-- ===== src/Pipeline/Executor/Workers/Pieces.antt =====
-- The parts of the steps of the threads of src/pipeline/pipeline_executor.cpp, each a move.
use io_uring_async_load_proc.Prelude.{
  ℕ, zero, suc, ◌+◌, ◌≡◌, refl, ap, inl, inr, Bool, Option, none, some, List, [], ◌∷◌, length,
}
use io_uring_async_load_proc.Exception.{Result, ok, throw, Outcome, logic_error}
use io_uring_async_load_proc.Config.{PipelineConfig}
use io_uring_async_load_proc.Util.FileIo.{WriteAtResult}
use io_uring_async_load_proc.Pipeline.Output.{PipelineRunResult}
use io_uring_async_load_proc.Pipeline.Channel.{Channel}
use io_uring_async_load_proc.Pipeline.Channel.Answers.{
  Sends, room, full, shut, shut_by, Receives, first, empty, last, broken,
}
use io_uring_async_load_proc.Pipeline.Executor.Workers.State.{
  Item, Environment, Worker, active, returned, ReaderState, acquires, reads, ProcessorState, closes,
  processes, WriterState, writes,
}
use io_uring_async_load_proc.Pipeline.Executor.Workers.Blocks.{
  count_read, check_block, add_written, check_write, new_block,
}
use io_uring_async_load_proc.Pipeline.Executor.Workers.Loops.{
  on_acquire, on_push, on_pop, on_block, on_read, on_process, on_added, on_checked, on_write,
}
use io_uring_async_load_proc.Pipeline.Executor.Workers.Queues.{channel_calls}
use io_uring_async_load_proc.Pipeline.Executor.Workers.Moves.{
  ChannelRun, Moves, acquired, at_end, was_read, read_threw, block_refused, handed_on,
  reader_refused, received, drained, processor_broke, processed, process_threw, passed_on,
  processor_refused, taken, writer_drained, writer_broke, written, write_failed,
}

module _ (c : PipelineConfig) (e : Environment) where
  open e use {read, process, write}

  module _ (s : ChannelRun c e) where
    abbrev pub ReaderMoves : Option (Worker ReaderState × ChannelRun c e) → Type 0
    ReaderMoves none = Unit
    ReaderMoves (some (w, s')) = Moves c e s (record s' { reader = w })

    abbrev pub ProcessorMoves : Option (Worker ProcessorState × ChannelRun c e) → Type 0
    ProcessorMoves none = Unit
    ProcessorMoves (some (w, s')) = Moves c e s (record s' { processor = w })

    abbrev pub WriterMoves : Option (Worker WriterState × ChannelRun c e) → Type 0
    WriterMoves none = Unit
    WriterMoves (some (w, s')) = Moves c e s (record s' { writer = w })

  module _ (s : ChannelRun c e) where
    pub on_acquire-Moves :
        (i o a : ℕ)
        → s.reader ≡ active (acquires i o)
        → s.available ≡ a
        → ReaderMoves s (on_acquire channel_calls c e i o s a)
    unfolding on_acquire
    on_acquire-Moves i o zero r h = tt
    on_acquire-Moves i o (suc n) r h = acquired i o n r h

    pub on_block-Moves :
        (i o b : ℕ) (bs : List ℕ) (checked : Result (Unit {0}))
        → s.reader ≡ active (reads i o)
        → read i o ≡ some (ok (b ∷ bs))
        → check_block c i o (length (b ∷ bs)) ≡ checked
        → ReaderMoves s (
            on_block channel_calls c e i o
              (b ∷ bs)
              (record s { counters = count_read (length (b ∷ bs)) s.counters })
              checked)
    unfolding on_block
    on_block-Moves i o b bs (ok tt) r h k = was_read i o b bs r h k
    on_block-Moves i o b bs (throw x) r h k = block_refused i o b bs x r h k

    pub on_read-Moves :
        (i o : ℕ) (answer : Option (Result (List ℕ)))
        → s.reader ≡ active (reads i o)
        → read i o ≡ answer
        → ReaderMoves s (on_read channel_calls c e i o s answer)
    unfolding on_read
    on_read-Moves i o none r h = tt
    on_read-Moves i o (some (throw x)) r h = read_threw i o x r h
    on_read-Moves i o (some (ok [])) r h = at_end i o r h
    on_read-Moves i o (some (ok (b ∷ bs))) r h =
        on_block-Moves i o b bs (check_block c i o (length (b ∷ bs))) r h refl

    pub reader_push-Moves :
        (i o : ℕ) (bytes : List ℕ) (answer : Outcome Bool × Channel Item)
        → s.reader ≡ active (ReaderState.pushes i o bytes)
        → Sends s.read_to_process (new_block i o bytes) answer
        → ReaderMoves s (
            on_push channel_calls c e
              (acquires (i + 1) (o + length bytes))
              (record s { read_to_process = answer.1 })
              answer.0)
    unfolding on_push
    reader_push-Moves i o bytes _ r (room h) = handed_on i o bytes r h
    reader_push-Moves i o bytes _ r (full h) = tt
    reader_push-Moves i o bytes _ r (shut h) = reader_refused i o bytes logic_error r h
    reader_push-Moves i o bytes _ r (shut_by x h) = reader_refused i o bytes x r h

    pub processor_push-Moves :
        (item : Item) (answer : Outcome Bool × Channel Item)
        → s.processor ≡ active (ProcessorState.pushes item)
        → Sends s.process_to_write item answer
        → ProcessorMoves s (
            on_push channel_calls c e ProcessorState.pops
              (record s { process_to_write = answer.1 })
              answer.0)
    unfolding on_push
    processor_push-Moves item _ r (room h) = passed_on item r h
    processor_push-Moves item _ r (full h) = tt
    processor_push-Moves item _ r (shut h) = processor_refused item logic_error r h
    processor_push-Moves item _ r (shut_by x h) = processor_refused item x r h

    pub processor_pop-Moves :
        (answer : Outcome (Option Item) × Channel Item)
        → s.processor ≡ active ProcessorState.pops
        → Receives s.read_to_process answer
        → ProcessorMoves s (
            on_pop channel_calls c e
              (active closes)
              processes
              (record s { read_to_process = answer.1 })
              answer.0)
    unfolding on_pop
    processor_pop-Moves _ r (first item xs h) = received item xs r h
    processor_pop-Moves _ r (empty h) = tt
    processor_pop-Moves _ r (last h k) = drained r h k
    processor_pop-Moves _ r (broken x h) = processor_broke x r h

    pub writer_pop-Moves :
        (answer : Outcome (Option Item) × Channel Item)
        → s.writer ≡ active WriterState.pops
        → Receives s.process_to_write answer
        → WriterMoves s (
            on_pop channel_calls c e returned writes
              (record s { process_to_write = answer.1 })
              answer.0)
    unfolding on_pop
    writer_pop-Moves _ r (first item xs h) = taken item xs r h
    writer_pop-Moves _ r (empty h) = tt
    writer_pop-Moves _ r (last h k) = writer_drained r h k
    writer_pop-Moves _ r (broken x h) = writer_broke x r h

    pub on_process-Moves :
        (item : Item) (done : Result (Unit {0}))
        → s.processor ≡ active (processes item)
        → (process s.stages item.block).2 ≡ done
        → ProcessorMoves s (
            on_process channel_calls c e item
              (record s { stages = (process s.stages item.block).0 })
              done
              (process s.stages item.block).1)
    unfolding on_process
    on_process-Moves item (ok _) r h = processed item r h
    on_process-Moves item (throw x) r h = process_threw item x r h

    pub on_added-Moves :
        (item : Item) (w : WriteAtResult) (output' : e.File)
        (outcome : Result (Unit {0}) × PipelineRunResult)
        → s.writer ≡ active (writes item)
        → write item.block_index s.output item.block item.file_offset ≡ some (w, output')
        → check_write w item.valid_bytes ≡ ok tt
        → add_written s.result item.valid_bytes ≡ outcome
        → WriterMoves s (
            on_added channel_calls c e item
              (record s { output = output'; result = outcome.1 })
              outcome.0)
    unfolding on_added
    on_added-Moves item w output' (ok _, result') r h k a = written item w output' result' r h k a
    on_added-Moves item w output' (throw x, result') r h k a =
        write_failed item x w output' result' r h (inr (ap (λ t. t.0) a))

    pub on_checked-Moves :
        (item : Item) (w : WriteAtResult) (output' : e.File) (checked : Result (Unit {0}))
        → s.writer ≡ active (writes item)
        → write item.block_index s.output item.block item.file_offset ≡ some (w, output')
        → check_write w item.valid_bytes ≡ checked
        → WriterMoves s (on_checked channel_calls c e item (record s { output = output' }) checked)
    unfolding on_checked
    on_checked-Moves item w output' (ok _) r h k =
        on_added-Moves item w output' (add_written s.result item.valid_bytes) r h k refl
    on_checked-Moves item w output' (throw x) r h k =
        write_failed item x w output' s.result r h (inl k)

    pub on_write-Moves :
        (item : Item) (answer : Option (WriteAtResult × e.File))
        → s.writer ≡ active (writes item)
        → write item.block_index s.output item.block item.file_offset ≡ answer
        → WriterMoves s (on_write channel_calls c e item s answer)
    unfolding on_write
    on_write-Moves item none r h = tt
    on_write-Moves item (some (w, output')) r h =
        on_checked-Moves item w output' (check_write w item.valid_bytes) r h refl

= = = = =

**TASK DETAILS**
A single figure is required: the number of lines in the entries above that include the word "PipelineConfig".

**COMPLETED EXERCISE**
2